Activity>
In the lines below, look for "that". Copy each line where it appears.

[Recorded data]
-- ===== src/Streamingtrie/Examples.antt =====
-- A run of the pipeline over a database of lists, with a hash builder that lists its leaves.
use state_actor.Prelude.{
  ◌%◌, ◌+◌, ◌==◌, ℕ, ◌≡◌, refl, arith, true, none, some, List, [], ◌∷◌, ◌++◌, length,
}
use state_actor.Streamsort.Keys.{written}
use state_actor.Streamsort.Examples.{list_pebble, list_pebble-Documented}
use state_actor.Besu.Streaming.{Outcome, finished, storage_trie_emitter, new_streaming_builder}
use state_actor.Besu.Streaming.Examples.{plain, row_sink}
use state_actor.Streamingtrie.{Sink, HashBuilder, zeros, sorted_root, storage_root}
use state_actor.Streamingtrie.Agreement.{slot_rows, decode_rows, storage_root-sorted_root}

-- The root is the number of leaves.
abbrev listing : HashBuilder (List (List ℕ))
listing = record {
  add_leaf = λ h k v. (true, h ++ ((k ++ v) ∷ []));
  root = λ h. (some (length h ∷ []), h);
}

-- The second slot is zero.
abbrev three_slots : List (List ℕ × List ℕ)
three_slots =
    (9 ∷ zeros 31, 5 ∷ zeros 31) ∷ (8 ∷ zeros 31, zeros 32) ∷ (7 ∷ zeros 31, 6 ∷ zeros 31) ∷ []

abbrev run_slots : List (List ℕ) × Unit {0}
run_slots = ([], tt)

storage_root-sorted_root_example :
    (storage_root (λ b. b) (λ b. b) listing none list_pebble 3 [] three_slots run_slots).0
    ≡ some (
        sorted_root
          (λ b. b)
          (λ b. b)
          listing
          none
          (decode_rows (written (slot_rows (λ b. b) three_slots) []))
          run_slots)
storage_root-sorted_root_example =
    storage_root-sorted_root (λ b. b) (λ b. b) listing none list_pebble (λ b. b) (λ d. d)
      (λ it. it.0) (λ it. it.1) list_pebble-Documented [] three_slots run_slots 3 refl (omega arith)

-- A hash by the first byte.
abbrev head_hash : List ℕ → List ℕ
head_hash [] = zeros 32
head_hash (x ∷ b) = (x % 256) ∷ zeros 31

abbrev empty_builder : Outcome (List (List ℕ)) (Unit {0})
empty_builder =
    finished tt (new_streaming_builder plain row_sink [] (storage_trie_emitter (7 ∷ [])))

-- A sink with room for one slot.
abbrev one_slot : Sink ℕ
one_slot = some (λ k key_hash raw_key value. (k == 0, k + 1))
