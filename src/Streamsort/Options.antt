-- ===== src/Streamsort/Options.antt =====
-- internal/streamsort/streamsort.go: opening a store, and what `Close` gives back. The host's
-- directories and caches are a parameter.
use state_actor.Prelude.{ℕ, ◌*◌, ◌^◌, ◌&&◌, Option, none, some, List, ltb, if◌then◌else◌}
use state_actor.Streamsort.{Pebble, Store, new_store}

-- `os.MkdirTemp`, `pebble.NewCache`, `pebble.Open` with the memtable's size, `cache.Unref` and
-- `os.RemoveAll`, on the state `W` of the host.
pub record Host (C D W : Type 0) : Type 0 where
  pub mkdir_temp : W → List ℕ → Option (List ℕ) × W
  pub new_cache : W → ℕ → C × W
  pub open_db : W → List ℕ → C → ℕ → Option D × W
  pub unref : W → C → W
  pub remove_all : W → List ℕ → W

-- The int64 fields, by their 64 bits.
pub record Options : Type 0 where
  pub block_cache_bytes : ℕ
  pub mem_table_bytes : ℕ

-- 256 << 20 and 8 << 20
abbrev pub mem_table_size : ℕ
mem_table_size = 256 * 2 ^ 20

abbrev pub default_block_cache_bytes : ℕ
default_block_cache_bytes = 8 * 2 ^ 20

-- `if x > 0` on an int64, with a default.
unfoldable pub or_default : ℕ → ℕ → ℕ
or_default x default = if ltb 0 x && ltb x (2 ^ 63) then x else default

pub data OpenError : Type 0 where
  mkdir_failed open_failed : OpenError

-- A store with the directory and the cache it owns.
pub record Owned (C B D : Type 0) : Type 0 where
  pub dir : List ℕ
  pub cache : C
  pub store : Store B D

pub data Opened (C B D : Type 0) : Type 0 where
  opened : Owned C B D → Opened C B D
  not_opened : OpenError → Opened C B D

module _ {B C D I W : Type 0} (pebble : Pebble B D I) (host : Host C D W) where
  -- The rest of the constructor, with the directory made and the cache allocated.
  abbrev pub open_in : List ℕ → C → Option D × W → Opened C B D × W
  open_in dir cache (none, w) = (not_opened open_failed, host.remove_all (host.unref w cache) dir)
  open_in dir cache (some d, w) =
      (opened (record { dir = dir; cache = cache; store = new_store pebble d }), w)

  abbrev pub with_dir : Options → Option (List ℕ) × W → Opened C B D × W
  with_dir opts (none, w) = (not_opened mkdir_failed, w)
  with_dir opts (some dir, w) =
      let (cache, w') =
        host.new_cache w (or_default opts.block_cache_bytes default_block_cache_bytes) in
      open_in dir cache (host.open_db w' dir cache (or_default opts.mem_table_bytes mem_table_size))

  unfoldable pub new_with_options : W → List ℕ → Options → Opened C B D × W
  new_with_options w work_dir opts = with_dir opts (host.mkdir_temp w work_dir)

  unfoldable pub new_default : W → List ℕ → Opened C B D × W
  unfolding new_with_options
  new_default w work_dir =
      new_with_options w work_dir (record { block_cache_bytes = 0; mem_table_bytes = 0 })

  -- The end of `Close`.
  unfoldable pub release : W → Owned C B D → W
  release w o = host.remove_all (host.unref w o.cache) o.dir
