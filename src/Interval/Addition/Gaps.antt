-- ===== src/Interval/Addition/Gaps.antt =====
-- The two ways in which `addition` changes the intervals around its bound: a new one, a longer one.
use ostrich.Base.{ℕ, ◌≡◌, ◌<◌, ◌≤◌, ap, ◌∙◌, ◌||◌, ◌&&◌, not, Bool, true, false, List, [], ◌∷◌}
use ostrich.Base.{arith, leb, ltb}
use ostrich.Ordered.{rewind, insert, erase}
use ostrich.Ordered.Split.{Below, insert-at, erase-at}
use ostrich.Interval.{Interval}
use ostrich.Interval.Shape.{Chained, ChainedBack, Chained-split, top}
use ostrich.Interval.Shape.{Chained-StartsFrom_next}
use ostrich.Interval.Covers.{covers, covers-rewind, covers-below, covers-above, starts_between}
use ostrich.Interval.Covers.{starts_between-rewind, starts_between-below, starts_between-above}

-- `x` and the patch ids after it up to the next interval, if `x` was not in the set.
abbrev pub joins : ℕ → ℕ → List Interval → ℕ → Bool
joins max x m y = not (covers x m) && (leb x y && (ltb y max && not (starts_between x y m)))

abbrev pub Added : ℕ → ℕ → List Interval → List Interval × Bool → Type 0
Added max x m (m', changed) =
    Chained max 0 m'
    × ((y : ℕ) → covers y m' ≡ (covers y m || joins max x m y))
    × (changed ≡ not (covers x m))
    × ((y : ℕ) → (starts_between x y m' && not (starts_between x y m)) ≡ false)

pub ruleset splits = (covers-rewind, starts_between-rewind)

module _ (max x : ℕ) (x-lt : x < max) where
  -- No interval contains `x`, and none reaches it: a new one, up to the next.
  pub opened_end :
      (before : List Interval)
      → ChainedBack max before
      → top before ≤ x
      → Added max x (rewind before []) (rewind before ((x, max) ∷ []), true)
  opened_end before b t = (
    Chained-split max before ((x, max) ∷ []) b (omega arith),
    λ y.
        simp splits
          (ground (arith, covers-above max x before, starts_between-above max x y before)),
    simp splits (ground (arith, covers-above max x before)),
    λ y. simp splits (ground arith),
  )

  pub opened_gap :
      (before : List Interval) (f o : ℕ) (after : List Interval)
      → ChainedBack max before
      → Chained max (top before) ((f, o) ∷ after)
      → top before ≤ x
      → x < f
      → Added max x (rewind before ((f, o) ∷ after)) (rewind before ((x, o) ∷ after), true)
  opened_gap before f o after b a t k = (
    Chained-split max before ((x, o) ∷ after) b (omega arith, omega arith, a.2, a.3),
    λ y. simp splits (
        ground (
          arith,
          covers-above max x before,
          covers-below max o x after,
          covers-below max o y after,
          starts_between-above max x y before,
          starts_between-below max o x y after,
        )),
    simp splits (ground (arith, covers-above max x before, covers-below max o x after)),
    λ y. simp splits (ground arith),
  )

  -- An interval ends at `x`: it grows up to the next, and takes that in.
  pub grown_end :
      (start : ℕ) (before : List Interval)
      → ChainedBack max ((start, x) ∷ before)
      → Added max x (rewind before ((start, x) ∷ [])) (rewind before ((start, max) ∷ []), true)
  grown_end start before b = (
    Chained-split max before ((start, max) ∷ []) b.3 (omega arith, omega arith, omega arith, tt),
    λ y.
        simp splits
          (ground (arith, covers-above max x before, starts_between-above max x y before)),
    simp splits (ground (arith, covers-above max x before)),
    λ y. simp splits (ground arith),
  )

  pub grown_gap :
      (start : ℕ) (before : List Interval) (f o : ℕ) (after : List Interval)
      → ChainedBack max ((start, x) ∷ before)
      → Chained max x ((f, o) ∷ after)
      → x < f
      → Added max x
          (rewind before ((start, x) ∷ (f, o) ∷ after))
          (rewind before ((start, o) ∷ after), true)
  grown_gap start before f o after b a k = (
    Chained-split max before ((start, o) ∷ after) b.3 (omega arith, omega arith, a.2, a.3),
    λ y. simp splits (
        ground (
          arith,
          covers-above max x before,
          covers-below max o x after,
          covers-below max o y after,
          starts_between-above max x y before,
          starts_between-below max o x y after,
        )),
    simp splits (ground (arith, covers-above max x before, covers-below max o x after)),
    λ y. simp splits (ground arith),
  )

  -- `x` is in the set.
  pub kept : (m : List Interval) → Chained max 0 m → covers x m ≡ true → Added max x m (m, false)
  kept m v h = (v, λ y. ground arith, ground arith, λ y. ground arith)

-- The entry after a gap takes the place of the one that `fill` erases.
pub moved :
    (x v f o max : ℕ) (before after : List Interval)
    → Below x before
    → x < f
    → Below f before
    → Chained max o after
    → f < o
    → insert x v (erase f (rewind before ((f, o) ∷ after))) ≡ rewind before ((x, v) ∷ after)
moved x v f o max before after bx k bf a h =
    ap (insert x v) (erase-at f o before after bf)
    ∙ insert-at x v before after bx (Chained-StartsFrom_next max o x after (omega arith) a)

Result of the task>
-- A run of the pipeline over a database of lists, with a hash builder that lists its leaves.
  -- An interval ends at `x`: it grows up to the next, and takes that in.
-- The entry after a gap takes the place of the one that `fill` erases.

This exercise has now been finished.